All my migrations previously worked with XML files encoded in UTF-16LE but were suddenly broken after upgrading to Migrate Plus 4.2.

Drupal\migrate\MigrateException: Fatal Error 73: expected '>'
Line: 542
Column: 20
File:  in Drupal\migrate_plus\Plugin\migrate_plus\data_parser\SimpleXml->openSourceUrl() (line 51 of modules/contrib/migrate_plus/src/Plugin/migrate_plus/data_parser/SimpleXml.php).

It turns out that the issue #3046753 Make XML parser more resilient introduced a call with trim() before simplexml_load_string()
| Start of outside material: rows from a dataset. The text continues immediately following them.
-- ===== src/Submissions/Scores.antt =====
-- The scores of a submission and of its parts agree.
use test.Base.{
  add64, ℕ, ◌+◌, ◌%◌, ◌^◌, ◌≡◌, refl, sym, ap, ◌∙◌, inl, inr, true, false, List, [], ◌∷◌, Option,
  none, some, Str, str_eq, Dict, All, sum_by, Bool-cases, arith, if◌then◌else◌,
}
use mathlib.Core.Option.{some-injective}
use test.Targets.{Target}
use test.Submissions.{
  Submission, running, aborted, GroupTest, JobResult, Scoreboard, is_running, is_abort, abort,
  update_score, abort_all, update_parts, take_result, take_results, clone_with, clone_and_update,
  clone_all, split, first_id, add_part,
}

abbrev one_for : Str → Submission → ℕ
one_for name s = if str_eq name s.target_name then 1 else 0

-- How many parts are for this target.
abbrev pub count_for : Str → List Submission → ℕ
count_for name parts = sum_by (one_for name) parts

abbrev score_of : Submission → ℕ
score_of s = s.score

update-none :
    (r : JobResult) (parts : List Submission)
    → count_for r.target_name parts ≡ 0
    → sum_by score_of (update_parts r parts) ≡ sum_by score_of parts
unfolding update_parts
update-none r [] h = refl
update-none r (s ∷ ss) h = elim (Bool-cases (str_eq r.target_name s.target_name)) [
  | inl e ↦ let k : 1 + count_for r.target_name ss ≡ 0 = rw (e, one_for) at h in omega (arith, k)
  | inr e ↦
      let k : 0 + count_for r.target_name ss ≡ 0 = rw (e, one_for) at h in
      rw e (omega (arith, update-none r ss (omega (arith, k))))
]

update-one :
    (r : JobResult) (parts : List Submission)
    → count_for r.target_name parts ≡ 1
    → sum_by score_of (update_parts r parts) % 2 ^ 64
      ≡ (sum_by score_of parts + r.points_earned) % 2 ^ 64
unfolding update_parts update_score add64
update-one r [] h = ground arith
update-one r (s ∷ ss) h = elim (Bool-cases (str_eq r.target_name s.target_name)) [
  | inl e ↦
      let k : 1 + count_for r.target_name ss ≡ 1 = rw (e, one_for) at h in
      rw e (omega (arith, update-none r ss (omega (arith, k))))
  | inr e ↦
      let k : 0 + count_for r.target_name ss ≡ 1 = rw (e, one_for) at h in
      rw e (omega (arith, update-one r ss (omega (arith, k))))
]

update-count :
    (r : JobResult) (name : Str) (parts : List Submission)
    → count_for name (update_parts r parts) ≡ count_for name parts
unfolding update_parts update_score
update-count r name [] = refl
update-count r name (s ∷ ss) = elim (Bool-cases (str_eq r.target_name s.target_name)) [
  | inl e ↦ rw e (omega (arith, update-count r name ss))
  | inr e ↦ rw e (omega (arith, update-count r name ss))
]

abort-sum : (parts : List Submission) → sum_by score_of (abort_all parts) ≡ 0
unfolding abort_all abort
abort-sum [] = refl
abort-sum (s ∷ ss) = omega (arith, abort-sum ss)

abort-count :
    (name : Str) (parts : List Submission) → count_for name (abort_all parts) ≡ count_for name parts
unfolding abort_all abort
abort-count name [] = refl
abort-count name (s ∷ ss) = omega (arith, abort-count name ss)

-- The scores agree modulo a machine word, and each part is where it was.
record Agree (b : Scoreboard) : Type 0 where
  scores : b.0.score % 2 ^ 64 ≡ sum_by score_of b.1 % 2 ^ 64

take-Agree :
    (r : JobResult) (b : Scoreboard)
    → count_for r.target_name b.1 ≡ 1
    → Agree b
    → Agree (take_result r b)
unfolding take_result abort update_score add64
take-Agree r (s, parts) one v = elim (Bool-cases (is_running s.status)) [
  | inr e ↦ rw e v
  | inl e ↦ elim (Bool-cases (is_abort r.result)) [
    | inl a ↦ rw (e, a) record { scores = omega (arith, abort-sum parts) }
    | inr a ↦ rw (e, a) record { scores = omega (arith, update-one r parts one, v.scores) }
  ]
]

take-count :
    (r : JobResult) (name : Str) (b : Scoreboard)
    → count_for name (take_result r b).1 ≡ count_for name b.1
unfolding take_result
take-count r name (s, parts) = elim (Bool-cases (is_running s.status)) [
  | inr e ↦ rw e refl
  | inl e ↦ elim (Bool-cases (is_abort r.result)) [
    | inl a ↦ rw (e, a) (abort-count name parts)
    | inr a ↦ rw (e, a) (update-count r name parts)
  ]
]

OneEach-take :
    (r : JobResult) (b : Scoreboard) (rs : List JobResult)
    → All (λ (x : JobResult). count_for x.target_name b.1 ≡ 1) rs
    → All (λ (x : JobResult). count_for x.target_name (take_result r b).1 ≡ 1) rs
OneEach-take r b [] h = tt
OneEach-take r b (x ∷ xs) h = (take-count r x.target_name b ∙ h.0, OneEach-take r b xs h.1)

results-Agree :
    (rs : List JobResult) (b : Scoreboard)
    → All (λ (x : JobResult). count_for x.target_name b.1 ≡ 1) rs
    → Agree b
    → Agree (take_results rs b)
unfolding take_results
results-Agree [] b h v = v
results-Agree (r ∷ rs) b h v =
    results-Agree rs (take_result r b) (OneEach-take r b rs h.1) (take-Agree r b h.0 v)

module _ (tests : List GroupTest) (estimated : Dict ℕ) where
  clone-score :
      (s : Submission) (t : Target) (id : Str) (build : Option Str) (x : Submission)
      → clone_with tests estimated s t id build ≡ some x
      → x.score ≡ 0
  unfolding clone_with
  clone-score s t id none x h = cc h
  clone-score s t id (some build) x h = ap score_of (sym (some-injective _ _ h))

  add_part-score :
      (a : Option Submission) (b : Option (List Submission)) (parts : List Submission)
      → ((x : Submission) → a ≡ some x → x.score ≡ 0)
      → ((xs : List Submission) → b ≡ some xs → sum_by score_of xs ≡ 0)
      → add_part a b ≡ some parts
      → sum_by score_of parts ≡ 0
  add_part-score none b parts f g h = cc h
  add_part-score (some x) none parts f g h = cc h
  add_part-score (some x) (some xs) parts f g h =
      ap (λ (ys : List Submission). sum_by score_of ys) (sym (some-injective _ _ h))
      ∙ omega (arith, f x refl, g xs refl)

  clones-score :
      (s : Submission) (ts : List (Target × Str)) (parts : List Submission)
      → clone_all tests estimated s ts ≡ some parts
      → sum_by score_of parts ≡ 0
  unfolding clone_all clone_and_update
  clones-score s [] parts h =
      ap (λ (ys : List Submission). sum_by score_of ys) (sym (some-injective _ _ h))
  clones-score s ((t, id) ∷ ts) parts h =
      add_part-score _ _ parts (λ x. clone-score s t id (first_id s.test_ids) x) (clones-score s ts)
        h

  split-score :
      (s : Submission) (orig : Target × Str) (previous : List (Target × Str))
      (parts : List Submission)
      → split tests estimated s orig previous ≡ some parts
      → sum_by score_of parts ≡ 0
  unfolding split
  split-score s orig previous parts h = elim (Bool-cases s.is_meta) [
    | inr e ↦
        ap (λ (ys : List Submission). sum_by score_of ys) (sym (some-injective _ _ (rw e at h)))
    | inl e ↦ elim (Bool-cases (orig.0).is_meta) [
      | inl g ↦ clones-score s previous parts (rw (e, g) at h)
      | inr g ↦ clones-score s (orig ∷ previous) parts (rw (e, g) at h)
    ]
  ]

  -- If each test belongs to the target of one part, then after the tests' results, aborts included,
  -- the scores of the parts of a submission that had no score add up to its score, modulo 2 ^ 64.
  pub split-results-score :
      (s : Submission) (orig : Target × Str) (previous : List (Target × Str))
      (parts : List Submission) (rs : List JobResult)
      → s.score ≡ 0
      → split tests estimated s orig previous ≡ some parts
      → All (λ (r : JobResult). count_for r.target_name parts ≡ 1) rs
      → let b = take_results rs (s, parts) in
        b.0.score % 2 ^ 64 ≡ sum_by (λ (p : Submission). p.score) b.1 % 2 ^ 64
  split-results-score s orig previous parts rs z h one =
      (results-Agree rs (s, parts) one
        (record { scores = omega (arith, z, split-score s orig previous parts h) })).scores

-- No score, and the submission is aborted.
record Void (b : Scoreboard) : Type 0 where
  status : b.0.status ≡ aborted
  scores : b.0.score ≡ 0
  parts : sum_by score_of b.1 ≡ 0

Void-stays : (rs : List JobResult) (b : Scoreboard) → Void b → Void (take_results rs b)
unfolding take_results take_result is_running
Void-stays [] b v = v
Void-stays (r ∷ rs) (s, parts) v =
    let e : is_running s.status ≡ false = ap is_running v.status in
    Void-stays rs (take_result r (s, parts)) (rw e v)

abort-Void :
    (r : JobResult) (b : Scoreboard)
    → b.0.status ≡ running
    → is_abort r.result ≡ true
    → Void (take_result r b)
unfolding take_result is_running abort
abort-Void r (s, parts) e a =
    rw (e, is_running, a) record { status = refl; scores = refl; parts = abort-sum parts }

-- Once a test aborts while the submission runs, the submission is aborted for good, and neither it nor
-- any of its parts has a score, whatever the later tests earn.
pub abort-no-score :
    (r : JobResult) (rs : List JobResult) (b : Scoreboard)
    → b.0.status ≡ running
    → is_abort r.result ≡ true
    → let after = take_results (r ∷ rs) b in
      (after.0.status ≡ aborted)
      × (after.0.score ≡ 0)
      × (sum_by (λ (p : Submission). p.score) after.1 ≡ 0)
unfolding take_results
abort-no-score r rs b e a =
    let v = Void-stays rs (take_result r b) (abort-Void r b e a) in (v.status, v.scores, v.parts)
protected function openSourceUrl($url) {
    // Clear XML error buffer. Other Drupal code that executed during the
    // migration may have polluted the error buffer and could create false
    // positives in our error check below. We are only concerned with errors
    // that occur from attempting to load the XML string into an object here.
    libxml_clear_errors();

    $xml_data = $this->getDataFetcherPlugin()->getResponseContent($url);
    $xml = simplexml_load_string(trim($xml_data));
    foreach (libxml_get_errors() as $error) {
      $error_string = self::parseLibXmlError($error);
      throw new MigrateException($error_string);
    }
    $this->registerNamespaces($xml);
    $xpath = $this->configuration['item_selector'];
    $this->matches = $xml->xpath($xpath);
    return TRUE;
  }

The function trim() is not safe when working with multibyte encoded string, whereas SimpleXML can perfectly handle multibyte data. I don't think it necessary to call trim() before simplexml_load_string. If your XML has an empty line before the openning tag, your XML is not well-formed and required special treatment. Adding trim() to the generic parser will prevent it from working properly with Unicode data.

Comments

sonnykt created an issue. See original summary.

sonnykt’s picture

Status: Active » Needs review
StatusFileSize
new676 bytes

Patch to remove the trim call.

sonnykt’s picture

Issue summary: View changes
3li’s picture

#2 removing the trim method has solved my issue.

nadim hossain’s picture

StatusFileSize
new676 bytes

Re-rolled the patch against 6.x

nadim hossain’s picture

Version: 8.x-4.x-dev » 6.0.x-dev

  • heddn committed ed7dab98 on 6.0.x
    Issue #3051858 by sonnykt, nadim hossain, 3li, heddn: Simple XML broken...
heddn’s picture

Status: Needs review » Fixed

Thanks for your contributions.

  • heddn committed 6edde178 on 6.0.x
    Revert "Issue #3051858 by sonnykt, nadim hossain, 3li, heddn: Simple XML...
heddn’s picture

Status: Fixed » Needs work

Reverted the commit as it broke tests. More work needed.